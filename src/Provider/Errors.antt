-- ===== src/Provider/Errors.antt =====
-- internal/provider/errors.go: the normalised error of a provider adapter. An error value of the
-- code is an `Error`: a `*GatewayError`, a cancelled or expired context, or any other error; `%w`
-- wrapping, through which `errors.As` and `errors.Is` look, is `wrapped`.
use llm_router.Common.{
  ℕ, ◌≤◌, String, ◌≡◌, ◌↔◌, ◌⊎◌, Bool, true, false, ◌||◌, Option, none, some, arith, leb, ◌==◌,
  if◌then◌else◌,
}

pub data GatewayErrorCode : Type 0 where
  invalid_request auth_failed permission_denied model_not_found context_too_long : GatewayErrorCode
  rate_limited provider_error timeout network_error overloaded : GatewayErrorCode

-- The wire name of a code.
unfoldable pub code_string : GatewayErrorCode → String
code_string invalid_request = "invalid_request_error"
code_string auth_failed = "authentication_error"
code_string permission_denied = "permission_error"
code_string model_not_found = "model_not_found"
code_string context_too_long = "context_length_exceeded"
code_string rate_limited = "rate_limit_error"
code_string provider_error = "provider_error"
code_string timeout = "timeout_error"
code_string network_error = "network_error"
code_string overloaded = "overloaded_error"

pub record GatewayError : Type 0 where
  pub code : GatewayErrorCode
  pub message : String
  pub http_status : ℕ
  pub retry_after : ℕ

unfoldable pub code_retryable : GatewayErrorCode → Bool
code_retryable rate_limited = true
code_retryable provider_error = true
code_retryable timeout = true
code_retryable network_error = true
code_retryable overloaded = true
code_retryable _ = false

unfoldable pub is_retryable : GatewayError → Bool
unfolding code_retryable
is_retryable e = code_retryable e.code

unfoldable pub new_network_error : String → GatewayError
new_network_error msg = record {
  code = network_error;
  message = msg;
  http_status = 503;
  retry_after = 0;
}

-- `retry_after` is the result of `ParseRetryAfterHeader`, a float that `strconv` parses.
unfoldable pub normalize_http_error : ℕ → String → ℕ → GatewayError
normalize_http_error status msg retry_after =
    let client = λ (c : GatewayErrorCode) (s : ℕ).
      let r : GatewayError = record { code = c; message = msg; http_status = s; retry_after = 0 } in
      r in
    let server = λ (c : GatewayErrorCode) (s : ℕ).
      let r : GatewayError = record {
        code = c;
        message = msg;
        http_status = s;
        retry_after = retry_after;
      } in
      r in
    if status == 400
    then client invalid_request 400
    else if status == 401
    then client auth_failed 401
    else if status == 403
    then client permission_denied 403
    else if status == 404
    then client model_not_found 404
    else if status == 413 || status == 422
    then client invalid_request status
    else if status == 429
    then server rate_limited 429
    else if status == 503
    then server overloaded 503
    else if status == 504
    then server timeout 504
    else if leb 500 status
    then server provider_error 502
    else client invalid_request status

pub data CtxError : Type 0 where
  canceled deadline_exceeded : CtxError

pub data Error : Type 0 where
  gateway : GatewayError → Error
  context : CtxError → Error
  other : String → Error
  wrapped : String → Error → Error

-- `errors.As(err, &gwErr)`.
unfoldable pub as_gateway : Error → Option GatewayError
as_gateway (gateway g) = some g
as_gateway (context c) = none
as_gateway (other s) = none
as_gateway (wrapped s e) = as_gateway e

-- `errors.Is(err, context.Canceled) || errors.Is(err, context.DeadlineExceeded)`.
unfoldable pub is_context : Error → Bool
is_context (gateway g) = false
is_context (context c) = true
is_context (other s) = false
is_context (wrapped s e) = is_context e

-- A status becomes a retryable error exactly when it is 429 or from 500 on, whatever the message
-- and the Retry-After header; the header's value is kept in just those errors.
pub normalize_http_error_class :
    (status : ℕ) (msg : String) (retry_after : ℕ)
    → ((is_retryable (normalize_http_error status msg retry_after) ≡ true)
        ↔ ((status ≡ 429) ⊎ (500 ≤ status)))
      × ((normalize_http_error status msg retry_after).retry_after
          ≡ (if is_retryable (normalize_http_error status msg retry_after) then retry_after else 0))
unfolding is_retryable normalize_http_error
normalize_http_error_class status msg retry_after = (grind arith, ground arith)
******************************
▶ **Instructions to follow**: Return, exactly as they stand, the lines from the start of the records above through the line with "-- code is an", both ends included, and no other lines.

▶ **Problem solution**:
filename src/Provider/Errors.antt
-- ===== src/Provider/Errors.antt =====
-- internal/provider/errors.go: the normalised error of a provider adapter. An error value of the
-- code is an `Error`: a `*GatewayError`, a cancelled or expired context, or any other error; `%w`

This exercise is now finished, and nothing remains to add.